Department of Oncology, Ospedale Civile di Sanremo, Sanremo, Italy.
Department of Oncology, Ospedale Civile di Sanremo, Sanremo, Italy.
Clin Colorectal Cancer. 2020 Dec;19(4):e200-e207. doi: 10.1016/j.clcc.2020.05.001. Epub 2020 May 11.
Carcinoembryonic antigen (CEA) best reduction after chemotherapy in patients with metastatic colorectal cancer (mCRC) has been reported as a prognostic factor. The study aims to evaluate whether serum CEA kinetics after 8 weeks of chemotherapy was prognostic in patients with mCRC.
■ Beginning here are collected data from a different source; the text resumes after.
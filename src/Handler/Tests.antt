-- ===== src/Handler/Tests.antt =====
-- The handler's theorem with a command service that raises, and a query service that finds nothing.
use microservice_wallet_serv.Base.{ℕ, Option, false, none, some}
use microservice_wallet_serv.Base.Int.{negsuc}
use microservice_wallet_serv.Base.Text.{text}
use microservice_wallet_serv.Errors.{Uuid, other, value_error, wallet_closed, wallet_not_found}
use microservice_wallet_serv.Errors.Exec.{Exec, raise, pure}
use microservice_wallet_serv.Decimal.{Decimal, finite}
use microservice_wallet_serv.Queries.{WalletView}
use microservice_wallet_serv.Handler
use microservice_wallet_serv.Handler.{CommandService}
use microservice_wallet_serv.Handler.Wrapping.{IsSafe, methods-IsSafe}

abbrev failing : CommandService ℕ
failing = record {
  create_wallet = λ _ _ _. raise (other "DatabaseError");
  deposit = λ _ _ _. raise (value_error "wallet_id is required");
  withdraw = λ _ _ _. raise (wallet_closed 7 "withdraw");
  pay_with_wallet = λ _ _ _. pure tt;
  refund = λ _ _ _. pure tt;
  adjustment = λ _ _ _ _. pure tt;
  suspend_wallet = λ _. pure tt;
  activate_wallet = λ _. pure tt;
  close_wallet = λ _. raise (other "OSError");
}

abbrev price : Decimal
price = finite false 1250 (negsuc 1)

abbrev find : Option Uuid → Exec ℕ WalletView
find id = raise (wallet_not_found id none)

methods-IsSafe_example :
    IsSafe (Handler.create_wallet failing find (some 3) (text "USD") (some 7))
    × IsSafe (Handler.deposit failing find (some 7) price none)
    × IsSafe (Handler.withdraw failing find (some 7) price none)
    × IsSafe (Handler.pay_with_wallet failing find (some 7) price none)
    × IsSafe (Handler.refund failing find (some 7) price none)
    × IsSafe (Handler.adjustment failing find (some 7) price (text "fee") none)
    × IsSafe (Handler.suspend_wallet failing find (some 7))
    × IsSafe (Handler.activate_wallet failing find (some 7))
    × IsSafe (Handler.close_wallet failing find (some 7))
methods-IsSafe_example =
    methods-IsSafe failing find (some 3) (some 7) none (text "USD") (text "fee") price
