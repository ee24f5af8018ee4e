-- ===== src/Uart/Queue.antt =====
-- src/kern/uart.c: a ring buffer as a first-in first-out queue.
use illinux.Prelude.{
  ℕ, zero, suc, ◌+◌, ◌-◌, ◌%◌, ◌^◌, ◌≤◌, ◌<◌, ◌≡◌, refl, ap, true, false, List, [], ◌∷◌, ◌++◌, ◌==◌,
  arith, length,
}
use illinux.Mem.{Mem, store}
use illinux.Uart.{Ringbuf, rbufsz, fill, rbuf_empty, rbuf_full, rbuf_put, rbuf_get}

pub record IsValid (r : Ringbuf) : Type 0 where
  pub head_in : r.hpos < 2 ^ 16
  pub tail_in : r.tpos < 2 ^ 16
  pub fill_in : fill r ≤ rbufsz

-- The `n` bytes from position `h` on.
abbrev window : Mem → ℕ → ℕ → List ℕ
window m h zero = []
window m h (suc n) = m (h % rbufsz) ∷ window m ((h + 1) % 2 ^ 16) n

-- The queue that a ring buffer stands for, the oldest byte first.
abbrev pub contents : Ringbuf → List ℕ
contents r = window r.data_ r.hpos (fill r)

pub length-window : (m : Mem) (h n : ℕ) → length (window m h n) ≡ n
length-window m h zero = refl
length-window m h (suc n) = ap suc (length-window m ((h + 1) % 2 ^ 16) n)

window_of_pos :
    (m : Mem) (h n : ℕ)
    → 0 < n
    → window m h n ≡ m (h % rbufsz) ∷ window m ((h + 1) % 2 ^ 16) (n - 1)
window_of_pos m h zero lt = absurd (omega arith)
window_of_pos m h (suc n) lt = ap (λ k. window m h (suc k)) (omega arith)

-- A byte stored just behind a window extends it.
window-store :
    (m : Mem) (c n h i : ℕ)
    → h < 2 ^ 16
    → n < rbufsz
    → i ≡ (h + n) % rbufsz
    → window (store m i c) h (suc n) ≡ window m h n ++ (c ∷ [])
window-store m c zero h i hh hn e =
    let same : i ≡ h % rbufsz = omega arith in
    let hit : (i == h % rbufsz) ≡ true = ground arith in rw hit
window-store m c (suc n) h i hh hn e =
    let miss : (i == h % rbufsz) ≡ false = ground arith in
    let next : i ≡ ((h + 1) % 2 ^ 16 + n) % rbufsz = omega arith in
    rw miss (
      ap (λ l. m (h % rbufsz) ∷ l)
        (window-store m c n ((h + 1) % 2 ^ 16) i (omega arith) (omega arith) next))

-- An empty buffer is the empty queue, a full one holds 64 bytes.
pub empty_iff :
    (r : Ringbuf)
    → IsValid r
    → (rbuf_empty r ≡ true → fill r ≡ 0) × (rbuf_empty r ≡ false → 0 < fill r)
unfolding rbuf_empty
empty_iff r v = (ground arith, ground arith)

-- Storing a byte in a buffer that is not full appends it to the queue, and keeps the buffer valid.
pub rbuf_put-contents :
    (r : Ringbuf) (c : ℕ)
    → IsValid r
    → rbuf_full r ≡ false
    → IsValid (rbuf_put r c) × (contents (rbuf_put r c) ≡ contents r ++ (c ∷ []))
unfolding rbuf_put rbuf_full
rbuf_put-contents r c v room =
    let more : fill r < rbufsz = ground arith in
    let grown : fill (rbuf_put r c) ≡ suc (fill r) = omega arith in
    (
      omega arith,
      rw grown
          (window-store r.data_ c (fill r) r.hpos (r.tpos % rbufsz) v.head_in more (omega arith)),
    )

-- Taking a byte from a buffer that is not empty takes the first of the queue, and keeps it valid.
pub rbuf_get-contents :
    (r : Ringbuf)
    → IsValid r
    → rbuf_empty r ≡ false
    → let (r', c) = rbuf_get r in IsValid r' × (contents r ≡ c ∷ contents r')
unfolding rbuf_get rbuf_empty
rbuf_get-contents r v some =
    let pos : 0 < fill r = ground arith in
    let shrunk : fill (rbuf_get r).0 ≡ fill r - 1 = ground arith in
    (ground arith, rw shrunk (window_of_pos r.data_ r.hpos (fill r) pos))
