-- ===== src/Uart/Port.antt =====
-- src/kern/uart.c: the driver's calls on the queues of its ring buffers.
use illinux.Prelude.{
  ℕ, zero, suc, ◌+◌, ◌%◌, ◌^◌, ◌≡◌, refl, sym, ap, ◌∙◌, Bool, true, false, List, [], ◌∷◌, ◌++◌,
  if◌then◌else◌, arith, length, min, Bool-cases, inl, inr, append_assoc,
}
use illinux.Uart.{
  Ringbuf, Uart, Lsr, fill, rbuf_empty, rbuf_full, rbuf_put, rbuf_get, drain, fill_from,
  uart_write_round, isr_receive, isr_transmit, uart_isr,
}
use illinux.Uart.Queue.{
  IsValid, contents, empty_iff, length-window, rbuf_put-contents, rbuf_get-contents,
}

pub length-contents : (r : Ringbuf) → length (contents r) ≡ fill r
length-contents r = length-window r.data_ r.hpos (fill r)

drain_empty : (k : ℕ) (r : Ringbuf) → rbuf_empty r ≡ true → drain (suc k) r ≡ (r, [])
unfolding drain
drain_empty k r e = rw (drain, e) refl

drain_step :
    (k : ℕ) (r : Ringbuf)
    → rbuf_empty r ≡ false
    → drain (suc k) r ≡ ((drain k (rbuf_get r).0).0, (rbuf_get r).1 ∷ (drain k (rbuf_get r).0).1)
unfolding drain
drain_step k r e = rw (drain, e) refl

-- The bytes that are drained are the first of the queue.
pub drain_lem :
    (k : ℕ) (r : Ringbuf)
    → IsValid r
    → let (r', cs) = drain k r in
      IsValid r' × (contents r ≡ cs ++ contents r') × (length cs ≡ min k (fill r))
unfolding drain
drain_lem zero r v = (v, refl, omega arith)
drain_lem (suc k) r v = elim (Bool-cases (rbuf_empty r)) [
  | inl empty ↦
      let none_in = (empty_iff r v).0 empty in
      rw (drain_empty k r empty) (v, refl, omega (arith, none_in))
  | inr some_in ↦
      let (v', got) = rbuf_get-contents r v some_in in
      let (v'', rest, len) = drain_lem k (rbuf_get r).0 v' in
      let shrunk : fill r ≡ suc (fill (rbuf_get r).0) =
        sym (length-contents r) ∙ ap length got ∙ ap suc (length-contents (rbuf_get r).0) in
      rw (drain_step k r some_in)
        (v'', got ∙ ap (λ l. (rbuf_get r).1 ∷ l) rest, omega (arith, len, shrunk))
]

fill_full :
    (c : ℕ) (cs : List ℕ) (r : Ringbuf) → rbuf_full r ≡ true → fill_from (c ∷ cs) r ≡ (c ∷ cs, r)
unfolding fill_from
fill_full c cs r e = rw (fill_from, e) refl

fill_step :
    (c : ℕ) (cs : List ℕ) (r : Ringbuf)
    → rbuf_full r ≡ false
    → fill_from (c ∷ cs) r ≡ fill_from cs (rbuf_put r c)
unfolding fill_from
fill_step c cs r e = rw (fill_from, e) refl

fill_from_lem :
    (cs : List ℕ) (r : Ringbuf)
    → IsValid r
    → let (rest, r') = fill_from cs r in IsValid r' × (contents r' ++ rest ≡ contents r ++ cs)
unfolding fill_from
fill_from_lem [] r v = (v, refl)
fill_from_lem (c ∷ cs) r v = elim (Bool-cases (rbuf_full r)) [
  | inl full ↦ rw (fill_full c cs r full) (v, refl)
  | inr room ↦
      let (v', put) = rbuf_put-contents r c v room in
      let (v'', kept) = fill_from_lem cs (rbuf_put r c) v' in
      rw (fill_step c cs r room)
        (v'', kept ∙ ap (λ l. l ++ cs) put ∙ append_assoc (contents r) (c ∷ []) cs)
]

-- One round of `uart_write` on a valid transmit buffer loses no byte and keeps their order: the queue
-- afterwards, followed by the bytes left for the next round, is the queue before, followed by the
-- bytes given; the buffer stays valid and the transmit interrupt is enabled.
pub uart_write_round-contents :
    (cs : List ℕ) (d : Uart)
    → IsValid d.txbuf
    → let (d', rest) = uart_write_round cs d in
      IsValid d'.txbuf × (contents d'.txbuf ++ rest ≡ contents d.txbuf ++ cs) × (d'.threie ≡ true)
unfolding uart_write_round
uart_write_round-contents cs d v = let (v', kept) = fill_from_lem cs d.txbuf v in (v', kept, refl)

-- Both buffers are valid.
pub record IsPort (d : Uart) : Type 0 where
  pub rx : IsValid d.rxbuf
  pub tx : IsValid d.txbuf

isr_receive-IsPort : (rbr : ℕ) (d : Uart) → IsPort d → IsPort (isr_receive rbr d)
unfolding isr_receive
isr_receive-IsPort rbr d p = elim (Bool-cases (rbuf_full d.rxbuf)) [
  | inl full ↦ rw (isr_receive, full) (record { rx = p.rx; tx = p.tx })
  | inr room ↦
      rw (isr_receive, room)
        (record { rx = (rbuf_put-contents d.rxbuf rbr p.rx room).0; tx = p.tx })
]

isr_transmit-IsPort : (d : Uart) → IsPort d → IsPort (isr_transmit d)
unfolding isr_transmit
isr_transmit-IsPort d p = elim (Bool-cases (rbuf_empty d.txbuf)) [
  | inl empty ↦ rw (isr_transmit, empty) (record { rx = p.rx; tx = p.tx })
  | inr some_in ↦
      rw (isr_transmit, some_in)
        (record { rx = p.rx; tx = (rbuf_get-contents d.txbuf p.tx some_in).0 })
]

if-IsPort : (b : Bool) (x y : Uart) → IsPort x → IsPort y → IsPort (if b then x else y)
if-IsPort true x y px py = px
if-IsPort false x y px py = py

-- The interrupt handler keeps both buffers valid, whatever the line status and the received byte are.
pub uart_isr-IsPort : (lsr : Lsr) (rbr : ℕ) (d : Uart) → IsPort d → IsPort (uart_isr lsr rbr d)
unfolding uart_isr
uart_isr-IsPort lsr rbr d p =
    let d₁ : Uart = if lsr.oe then record d { rxovrcnt = (d.rxovrcnt + 1) % 2 ^ 32 } else d in
    let d₂ : Uart = if lsr.dr then isr_receive rbr d₁ else d₁ in
    let p₁ : IsPort d₁ = if-IsPort lsr.oe _ d (record { rx = p.rx; tx = p.tx }) p in
    let p₂ : IsPort d₂ =
      if-IsPort lsr.dr (isr_receive rbr d₁) d₁ (isr_receive-IsPort rbr d₁ p₁) p₁ in
    if-IsPort lsr.thre (isr_transmit d₂) d₂ (isr_transmit-IsPort d₂ p₂) p₂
A retrospective analysis of patients with mCRC, who received chemotherapy and for whom CEA determinations were available at baseline and after 8 weeks, was performed. A Cox model was built including all variables with a significant correlation with overall survival (OS) after bivariate analysis.
Of 200 screened patients with mCRC, 83 were eligible and were enrolled for the analysis. Eighteen variables were tested in bivariate analysis with OS, and a Cox model was built up with 7 of them. Two of 5 CEA kinetics-related variables reported an independent effect on OS when included in the previous Cox model: the CEA response rate after 8 weeks (hazard ratio, 2.02; 95% confidence interval, 1.13-3.59) and the CEA-specific growth rate after 8 weeks (hazard ratio, 1.86; 95% confidence interval, 1.03-3.37).
After 8 weeks from the beginning of chemotherapy, CEA reduction rate of 50% and CEA-specific growth lower than -0.5%/day are effective prognostic factors among patients with high serum CEA levels and could become useful intermediate endpoints of clinical trials.
转移性结直肠癌(mCRC)患者化疗后癌胚抗原(CEA)的最佳降低已被报道为预后因素。本研究旨在评估 mCRC 患者化疗 8 周后血清 CEA 动力学是否具有预后价值。
对接受化疗且基线和 8 周时有 CEA 测定值的 mCRC 患者进行回顾性分析。在单变量分析中与总生存期(OS)显著相关的所有变量都构建 Cox 模型。
在 200 例筛选出的 mCRC 患者中,有 83 例符合条件并被纳入分析。对 18 个变量进行 OS 的单变量分析,其中 7 个变量构建 Cox 模型。当纳入先前的 Cox 模型时,5 个与 CEA 动力学相关的变量中有 2 个对 OS 有独立影响:8 周时 CEA 反应率(危险比,2.02;95%置信区间,1.13-3.59)和 8 周时 CEA 特异性增长率(危险比,1.86;95%置信区间,1.03-3.37)。
在化疗开始后 8 周时,CEA 降低 50%和 CEA 特异性生长率低于-0.5%/天是高血清 CEA 水平患者的有效预后因素,可能成为临床试验中有用的中间终点。